Let’s get right into it.

1: You’re only as good as the brand you work with

“I’ve driven $100 million in email marketing for brands” - have you really?

Let’s be honest: as an email marketer, you’re only as good as the brand you’re working with.

And while there’s zero doubt that email is a phenomenal channel to drive repeat sales, your results depend entirely on two things often out of your control:

A: The quality of the product

80% of repeat revenue depends on a great product. Bad product = no repeat sales.

B: The level of customer service

20% of driving repeat sales can be attributed to a great customer experience.

Great product + differentiated customer experience = great DTC retention (especially if you’re working in an industry that has sticky products).

Let me be clear: it doesn’t matter how great your marketing automation or campaign offers are if both of the aforementioned suck.

Does that mean email/SMS marketing doesn’t make a difference?

No - of course it does.

But you can only work with what you’ve got, and you can’t polish a turd.

What do you do when you work with a brand that doesn’t have a great product or customer experience?

You leverage email to drive qualitative research to unlock insights about your customers and find out the bottlenecks to repeat sales.

Humble yourself and give credit to the brand you’re working with for doing a lot of the heavy lifting that moves the needle.

And remember, marketing in business is a team sport. You shouldn’t be taking all the credit and making it all about you; it’s about collaborating cross-channel to drive an exceptional customer experience.

2: You need to test more

After working with over 100 brands, I can tell you that not a single business I’ve entered had a clearly established testing protocol that led to insights and shared learnings cross-channel over email.

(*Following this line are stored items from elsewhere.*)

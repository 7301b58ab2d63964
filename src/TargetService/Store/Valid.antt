-- ===== src/TargetService/Store/Valid.antt =====
-- target-service/main.go: the observations in the store.
use tac_os.Base.{
  length, ◌==◌, ◌≡◌, refl, pos, negsuc, is_positive, true, false, ◌||◌, Bool-cases, inl, inr, Bytes,
  bytes_eq, bytes_eq_iff, List, [], ◌∷◌, Option, none, some, All,
}
use tac_os.TargetService.Store.{
  Observation, Coding, Parsed, parsed, rejected, Store, save, outside, check, typed, with_fields,
  with_keys, first_missing, field_names, parse_observation, store_parsed, on_payload,
  handle_message, run_lines,
}

module _ {F : Type 0} (coding : Coding F) where
  -- What the checks ask of an observation.
  pub record IsValid (o : Observation F) : Type 0 where
    pub named : (coding.is_blank o.target_id || coding.is_blank o.observer_id) ≡ false
    pub on_earth :
        (outside coding o.latitude (negsuc 89) (pos 90)
          || outside coding o.longitude (negsuc 179) (pos 180))
        ≡ false
    pub likely : outside coding o.confidence (pos 0) (pos 1) ≡ false
    pub dated : is_positive o.timestamp ≡ true

  -- Every observation of the store is valid and stands under its own target.
  abbrev pub IsSound : Store F → Type 0
  IsSound store = All (λ e. (e.0 ≡ e.1.target_id) × IsValid e.1) store

  abbrev IfParsed : Parsed F → Type 0
  IfParsed (parsed o) = IsValid o
  IfParsed (rejected e) = Unit

  check-IsValid : (o : Observation F) → IfParsed (check coding o)
  unfolding check
  check-IsValid o =
      elim (Bool-cases (coding.is_blank o.target_id || coding.is_blank o.observer_id)) [
        | inl e ↦ rw e tt
        | inr named ↦
            rw named
              (elim (Bool-cases (
                outside coding o.latitude (negsuc 89) (pos 90)
                || outside coding o.longitude (negsuc 179) (pos 180))) [
                  | inl e ↦ rw e tt
                  | inr on_earth ↦
                      rw on_earth (elim (Bool-cases (outside coding o.confidence (pos 0) (pos 1))) [
                        | inl e ↦ rw e tt
                        | inr likely ↦ rw likely (elim (Bool-cases (is_positive o.timestamp)) [
                          | inl dated ↦ rw dated (record {
                            named = named;
                            on_earth = on_earth;
                            likely = likely;
                            dated = dated;
                          })
                          | inr e ↦ rw e tt
                        ])
                      ])
                ])
      ]

  typed-IsValid : (o : Option (Observation F)) → IfParsed (typed coding o)
  unfolding typed
  typed-IsValid none = tt
  typed-IsValid (some o) = check-IsValid o

  with_fields-IsValid :
      (payload : Bytes) (m : Option Bytes) → IfParsed (with_fields coding payload m)
  unfolding with_fields
  with_fields-IsValid payload (some name) = tt
  with_fields-IsValid payload none = typed-IsValid (coding.unmarshal payload)

  with_keys-IsValid :
      (payload : Bytes) (k : Option (List Bytes)) → IfParsed (with_keys coding payload k)
  unfolding with_keys
  with_keys-IsValid payload none = tt
  with_keys-IsValid payload (some keys) = elim (Bool-cases (length keys == 6)) [
    | inl e ↦ rw e (with_fields-IsValid payload (first_missing keys field_names))
    | inr e ↦ rw e tt
  ]

  save-IsSound :
      (o : Observation F) (store : Store F) → IsValid o → IsSound store → IsSound (save o store)
  unfolding save
  save-IsSound o [] v s = ((refl, v), tt)
  save-IsSound o ((k, p) ∷ store) v (h, s) = elim (Bool-cases (bytes_eq k o.target_id)) [
    | inl e ↦ rw e (((bytes_eq_iff k o.target_id).0 e, v), s)
    | inr e ↦ rw e (h, save-IsSound o store v s)
  ]

  store_parsed-IsSound :
      (p : Parsed F) (store : Store F)
      → IfParsed p
      → IsSound store
      → IsSound (store_parsed coding p store)
  unfolding store_parsed
  store_parsed-IsSound (parsed o) store v s = save-IsSound o store v s
  store_parsed-IsSound (rejected e) store v s = s

  on_payload-IsSound :
      (m : Option Bytes) (store : Store F) → IsSound store → IsSound (on_payload coding m store)
  unfolding on_payload parse_observation
  on_payload-IsSound none store s = s
  on_payload-IsSound (some payload) store s =
      store_parsed-IsSound _ store (with_keys-IsValid payload (coding.raw_keys payload)) s

  -- Whatever lines come, every observation of the store is valid and stands under its own target, if
  -- that was so before.
  pub run_lines-IsSound :
      (lines : List Bytes) (store : Store F)
      → IsSound store
      → IsSound (run_lines coding lines store)
  unfolding run_lines handle_message
  run_lines-IsSound [] store s = s
  run_lines-IsSound (line ∷ lines) store s =
      run_lines-IsSound lines _ (on_payload-IsSound _ store s)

Why is implementing tests so slow and cumbersome over email/sms?

Simple: people test the wrong things that don’t move the needle and don’t follow through with measuring their tests effectively.

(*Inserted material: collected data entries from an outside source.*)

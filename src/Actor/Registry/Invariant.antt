-- ===== src/Actor/Registry/Invariant.antt =====
-- The registry's representation invariant, and what a lookup returns under it.
use smalltalk_a_vm.Prelude.{
  ℕ, ◌+◌, ◌*◌, ◌^◌, ◌≤◌, ◌<◌, ◌≡◌, ◌≢◌, refl, ◌∙◌, arith, false, ◌||◌, Option, none, some, length,
  ◌==◌, ◌⊎◌, inl, inr, Bool-cases,
}
use smalltalk_a_vm.Probe.{load, content, IsProbed}
use smalltalk_a_vm.Probe.Entries.{live_count}
use smalltalk_a_vm.Probe.Find.{find_cases, content_stored, content-Absent}
use smalltalk_a_vm.Actor.Registry.{
  Entry, Registry, entry_empty, entry_tombstone, entry_at, is_live, search, lookup, retained,
}
use smalltalk_a_vm.Actor.Registry.Slot.{slots, search-eq-find}

pub record IsValid (reg : Registry) : Type 0 where
  pub power : (e : ℕ) × (reg.capacity ≡ 2 ^ e)
  pub sized : length reg.entries ≡ reg.capacity
  pub probed : IsProbed slots reg.entries
  pub counted : reg.count ≡ live_count slots is_live reg.entries
  pub loaded : reg.used ≡ load slots reg.entries
  pub slack : reg.used * 10 < reg.capacity * 7 + 10
  pub large : 8 ≤ reg.capacity
  pub small : reg.capacity ≤ 2 ^ 29

-- There is an empty entry, so every search ends.
pub room : {reg : Registry} → IsValid reg → load slots reg.entries < length reg.entries
room v = omega arith

-- The actor that stands under an id, 0 for none.
abbrev pub actor_in : Option Entry → ℕ
actor_in none = 0
actor_in (some e) = e.actor

unfoldable pub actor_of : Registry → ℕ → ℕ
actor_of reg id = actor_in (content slots reg.entries id)

-- Where `search` stops.
pub search_cases :
    (reg : Registry) (id : ℕ)
    → IsValid reg
    → id ≢ entry_empty
    → id ≢ entry_tombstone
    → (idx : ℕ) × (search reg id ≡ some idx)
      × (idx < length reg.entries)
      × (((entry_at reg.entries idx).actor_id ≡ id)
            × (content slots reg.entries id ≡ some (entry_at reg.entries idx))
          ⊎ ((entry_at reg.entries idx).actor_id ≡ entry_empty)
            × (content slots reg.entries id ≡ none))
search_cases reg id v a b =
    let (e, c) = v.power in
    let (p, found, inside, _, split) = find_cases slots reg.entries id v.probed (room v) in
    (
      p,
      search-eq-find reg e id c (omega arith) v.sized a b ∙ found,
      inside,
      elim split [
        | inl h ↦
            inl (ground arith, content_stored slots reg.entries id _ v.probed (p, inside, refl, h))
        | inr (f, absent) ↦ inr (ground arith, content-Absent slots reg.entries id absent (room v))
      ],
    )

pub retained-null : (refcounts : ℕ → ℕ) → retained refcounts 0 ≡ refcounts
unfolding retained
retained-null refcounts = refl

pub sentinel_content :
    (reg : Registry) (id : ℕ)
    → IsValid reg
    → (id ≡ entry_empty) ⊎ (id ≡ entry_tombstone)
    → content slots reg.entries id ≡ none
sentinel_content reg id v s = content-Absent slots reg.entries id (λ p a. ground arith) (room v)

pub lookup-eq-actor_of :
    (reg : Registry) (refcounts : ℕ → ℕ) (id : ℕ)
    → IsValid reg
    → lookup reg refcounts id ≡ some (actor_of reg id, retained refcounts (actor_of reg id))
unfolding lookup actor_of
lookup-eq-actor_of reg refcounts id v =
    elim (Bool-cases (id == entry_empty || id == entry_tombstone)) [
      | inl s ↦ rw (s, sentinel_content reg id v (ground arith), retained-null refcounts)
      | inr s ↦
          let (idx, found, _, c) = search_cases reg id v (ground arith) (ground arith) in
          elim c [
            | inl (e, h) ↦
                let ne : (id == entry_empty) ≡ false = ground arith in
                rw (s, found, h, e, ne, lookup)
            | inr (e, h) ↦ rw (s, found, h, e, lookup)
          ]
    ]
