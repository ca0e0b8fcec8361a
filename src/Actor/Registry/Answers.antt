-- ===== src/Actor/Registry/Answers.antt =====
-- The registry as a map: a change of its content is a change of what lookups return.
use smalltalk_a_vm.Prelude.{ℕ, ◌≡◌, ◌≢◌, arith, some, ◌==◌, if◌then◌else◌, inl, inr, Bool-cases}
use smalltalk_a_vm.Probe.{content}
use smalltalk_a_vm.Actor.Registry.{Registry, lookup, retained}
use smalltalk_a_vm.Actor.Registry.Slot.{slots}
use smalltalk_a_vm.Actor.Registry.Invariant.{IsValid, actor_in, actor_of, lookup-eq-actor_of}

-- A change of the map is a change of what lookups return.
abbrev pub Answers : Registry → Registry → ℕ → ℕ → Type 0
Answers reg reg' id actor =
    (j : ℕ) (refcounts : ℕ → ℕ)
    → lookup reg' refcounts j
      ≡ (if j == id then some (actor, retained refcounts actor) else lookup reg refcounts j)

pub Answers-of_content :
    (reg reg' : Registry) (id actor : ℕ)
    → IsValid reg
    → IsValid reg'
    → actor_in (content slots reg'.entries id) ≡ actor
    → ((j : ℕ) → j ≢ id → content slots reg'.entries j ≡ content slots reg.entries j)
    → Answers reg reg' id actor
unfolding actor_of
Answers-of_content reg reg' id actor v v' here other j refcounts = elim (Bool-cases (j == id)) [
  | inl e ↦
      let same : j ≡ id = ground arith in rw (e, lookup-eq-actor_of reg' refcounts j v', same, here)
  | inr ne ↦ rw (
    ne,
    lookup-eq-actor_of reg' refcounts j v',
    lookup-eq-actor_of reg refcounts j v,
    other j (ground arith),
  )
]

Strip it back and simplify it.

I want you to ruthlessly focus on testing the following elements:

  • Signup forms
  • Abandoned carts
  • Post-purchase upsells (if appropriate in your business)

All 3 of these lead to incremental gains that genuinely move the needle.

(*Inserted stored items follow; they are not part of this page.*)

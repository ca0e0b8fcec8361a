-- ===== src/Actor/Registry/Create.antt =====
-- `sta_registry_create`: a valid table with no actor.
use smalltalk_a_vm.Prelude.{
  ℕ, Bool-cases, inl, inr, ◌^◌, ◌≤◌, ◌≡◌, ◌∙◌, refl, sym, arith, none, some, leb, replicate,
  length-replicate, get_or-replicate,
}
use smalltalk_a_vm.Prelude.Pow2.{next_pow2, round_up_lem}
use smalltalk_a_vm.Probe.{content}
use smalltalk_a_vm.Probe.Invariant.{replicate-IsProbed, load-replicate}
use smalltalk_a_vm.Probe.Entries.{live_count-replicate}
use smalltalk_a_vm.Probe.Find.{content-Absent}
use smalltalk_a_vm.Actor.Registry.{Registry, no_entry, is_live, create, lookup}
use smalltalk_a_vm.Actor.Registry.Slot.{slots}
use smalltalk_a_vm.Actor.Registry.Invariant.{
  IsValid, room, actor_of, lookup-eq-actor_of, retained-null,
}

capacity_power :
    (n : ℕ)
    → 8 ≤ n
    → n ≤ 2 ^ 28
    → (k : ℕ) × (next_pow2 n ≡ 2 ^ k) × (n ≤ next_pow2 n) × (next_pow2 n ≤ 2 ^ 29)
unfolding next_pow2
capacity_power n lo hi =
    let (k, _, e, above, below) = round_up_lem 1 n (omega arith) (omega arith) in
    (k, e, omega (arith, e), omega (arith, e, below))

-- The array that `calloc` returns.
module _ (n k : ℕ) (lo : 8 ≤ n) (hi : n ≤ 2 ^ 29) (power : n ≡ 2 ^ k) where
  abbrev vacant : Registry
  vacant = record { entries = replicate n no_entry; capacity = n; count = 0; used = 0 }

  vacant-IsValid : IsValid vacant
  vacant-IsValid = record {
    power = (k, power);
    sized = length-replicate n no_entry;
    probed = replicate-IsProbed slots n;
    counted = sym (live_count-replicate slots is_live n refl);
    loaded = sym (load-replicate slots n);
    slack = omega arith;
    large = lo;
    small = hi;
  }

  vacant-lookup : (id : ℕ) (refcounts : ℕ → ℕ) → lookup vacant refcounts id ≡ some (0, refcounts)
  unfolding actor_of
  vacant-lookup id refcounts =
      lookup-eq-actor_of vacant refcounts id vacant-IsValid ∙ rw (nothing, retained-null)
    where
      nothing : content slots (replicate n no_entry) id ≡ none
      nothing =
          content-Absent slots (replicate n no_entry) id
            (λ p a. ground (arith, get_or-replicate n no_entry p)) (room vacant-IsValid)

abbrev fresh_of : ℕ → Registry
fresh_of n = record {
  entries = replicate (next_pow2 n) no_entry;
  capacity = next_pow2 n;
  count = 0;
  used = 0;
}

-- For any request of at least 8 slots.
rounded :
    (n : ℕ)
    → 8 ≤ n
    → n ≤ 2 ^ 28
    → IsValid (fresh_of n)
      × (n ≤ next_pow2 n)
      × ((id : ℕ) (refcounts : ℕ → ℕ) → lookup (fresh_of n) refcounts id ≡ some (0, refcounts))
rounded n lo hi =
    let (k, power, above, below) = capacity_power n lo hi in
    (
      vacant-IsValid (next_pow2 n) k (omega arith) below power,
      above,
      vacant-lookup (next_pow2 n) k (omega arith) below power,
    )

-- Creating a registry rounds the capacity up to a power of two that is not below the request, and
-- leaves it valid; every lookup then finds nothing. The request is at most 2^28.
pub create-IsValid :
    (initial : ℕ)
    → initial ≤ 2 ^ 28
    → IsValid (create initial)
      × (initial ≤ (create initial).capacity)
      × ((id : ℕ) (refcounts : ℕ → ℕ) → lookup (create initial) refcounts id ≡ some (0, refcounts))
unfolding create
create-IsValid initial h = elim (Bool-cases (leb 8 initial)) [
  | inl big ↦ rw big (rounded initial (ground arith) h)
  | inr few ↦ let (v, a, l) = rounded 8 (omega arith) (omega arith) in rw few (v, ground arith, l)
]
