-- ===== src/Actor/Registry/Growth.antt =====
-- Growing the registry: `registry_rehash` to twice the capacity.
use native.Mathlib.Nat.{pow-suc, mod-eq_of_lt}
use smalltalk_a_vm.Prelude.{
  ℕ, suc, ◌*◌, ◌%◌, ◌^◌, ◌≤◌, ◌<◌, ◌≡◌, sym, ap, ◌∙◌, arith, true, false, some, List, [], ◌∷◌,
  length, ◌==◌,
}
use smalltalk_a_vm.Probe.{seek, load, content, IsProbed, Absent, Reaches, ring_pos, slot_at}
use smalltalk_a_vm.Probe.Entries.{live_count}
use smalltalk_a_vm.Probe.Find.{search_ends}
use smalltalk_a_vm.Probe.Rehash.{rehash_lem}
use smalltalk_a_vm.Actor.Registry.{
  Entry, Registry, entry_empty, is_live, registry_rehash, rehash_spot,
}
use smalltalk_a_vm.Actor.Registry.Slot.{slots, has_id, rehash_spot-eq-ring}
use smalltalk_a_vm.Actor.Registry.Invariant.{IsValid, room}

-- The static loop of `registry_rehash` ends at an empty slot of the fresh array.
spot_free :
    (e cap : ℕ)
    → cap ≡ 2 ^ e
    → cap < 2 ^ 32
    → (fresh : List Entry) (x : Entry) → length fresh ≡ cap
    → IsProbed slots fresh
    → load slots fresh < cap
    → is_live x ≡ true
    → Absent slots fresh x.actor_id
    → (p : ℕ) × (rehash_spot cap fresh x ≡ some p)
      × (p < length fresh)
      × (slots.occupied (slot_at slots fresh p) ≡ false)
      × Reaches slots fresh x.actor_id p
spot_free e cap c small fresh x len v free live absent =
    let (p, found, a, stopped, r) =
      search_ends slots fresh x.actor_id (λ y. y.actor_id == entry_empty) (λ y f. ground arith)
        (omega arith) in
    (
      p,
      rehash_spot-eq-ring fresh x e cap c small
          ∙ ap
              (λ n.
                seek (λ y. y.actor_id == entry_empty) (slot_at slots fresh)
                  (ring_pos slots n x.actor_id) n 0)
              (sym len)
          ∙ found,
      a,
      ground arith,
      r,
    )

pub live-le-load : (es : List Entry) → live_count slots is_live es ≤ load slots es
live-le-load [] = omega arith
live-le-load (e ∷ es) = ground (arith, live-le-load es)

live_has_id : (x : Entry) → is_live x ≡ true → has_id x.actor_id x ≡ true
live_has_id x h = ground arith

has_id_live : (k : ℕ) (x : Entry) → has_id k x ≡ true → is_live x ≡ true
has_id_live k x h = ground arith

-- It keeps the invariant and what stands under every id, and sheds the tombstones.
pub registry_rehash-IsValid :
    (reg : Registry)
    → IsValid reg
    → reg.capacity ≤ 2 ^ 28
    → IsValid (registry_rehash reg (reg.capacity * 2 % 2 ^ 32))
      × ((id : ℕ)
          → content slots (registry_rehash reg (reg.capacity * 2 % 2 ^ 32)).entries id
            ≡ content slots reg.entries id)
unfolding registry_rehash
registry_rehash-IsValid reg v grows =
    let (e, c) = v.power in
    let double : reg.capacity * 2 % 2 ^ 32 ≡ reg.capacity * 2 = mod-eq_of_lt (omega arith) in
    let power : reg.capacity * 2 % 2 ^ 32 ≡ 2 ^ suc e = omega (arith, pow-suc 2 e) in
    let few = live-le-load reg.entries in
    let (len, probed, counted, lived, same) =
      rehash_lem slots is_live (λ x. x.actor_id) (rehash_spot (reg.capacity * 2 % 2 ^ 32))
        (reg.capacity * 2 % 2 ^ 32) live_has_id has_id_live
        (spot_free (suc e) (reg.capacity * 2 % 2 ^ 32) power (omega arith)) reg.entries v.probed
        (room v) (omega (arith, double)) in
    (
      record {
        power = (suc e, power);
        sized = len;
        probed = probed;
        counted = v.counted ∙ sym lived;
        loaded = omega arith;
        slack = omega arith;
        large = omega arith;
        small = omega arith;
      },
      same,
    )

At the very least, I want you to aggressively test the offers on signup forms and in abandoned carts to optimise for profitability.

One of my most enlightening tests over the past 5 years was an extensive test in signup forms and abandoned cart flows across a discount-driven brand offering 10 VS 20% off in these areas.

It was staggering to the brand that we hit statistical significance on 10% outperforming the 20% off offer.

The tens of thousands of additional $ in contribution margin this added to the brand were game-changing.

It was only achieved by implementing a simple yet thoughtful test that we followed through with and derived clear learnings from to improve the business as a whole, not just over email.

3: Klaviyo attribution is the wrong KPI to track

When you focus solely on revenue, you do it at the expense of the customer experience.

An example is saturating the customer with offers at every stage of the customer journey.

Yes, offers are nice for some customers, but what they are often searching for is the answer to their problems or the correct way to use the product. Only communicating offers completely neglect what stage they may be at in the buying journey.

So while it looks great in your Klaviyo marketing dashboard to have a huge sum of owned revenue attributed to the software, the reality is that it’s not at all a good gauge of your performance as an email marketer.

And, let’s be honest: anybody can deceptively change the attribution window to make themselves look better - you’re not fooling anyone.

But a marketer who is able to profitably increase revenue within the parameters of the client’s business model? That’s a true strategist and somebody worth every penny you pay for.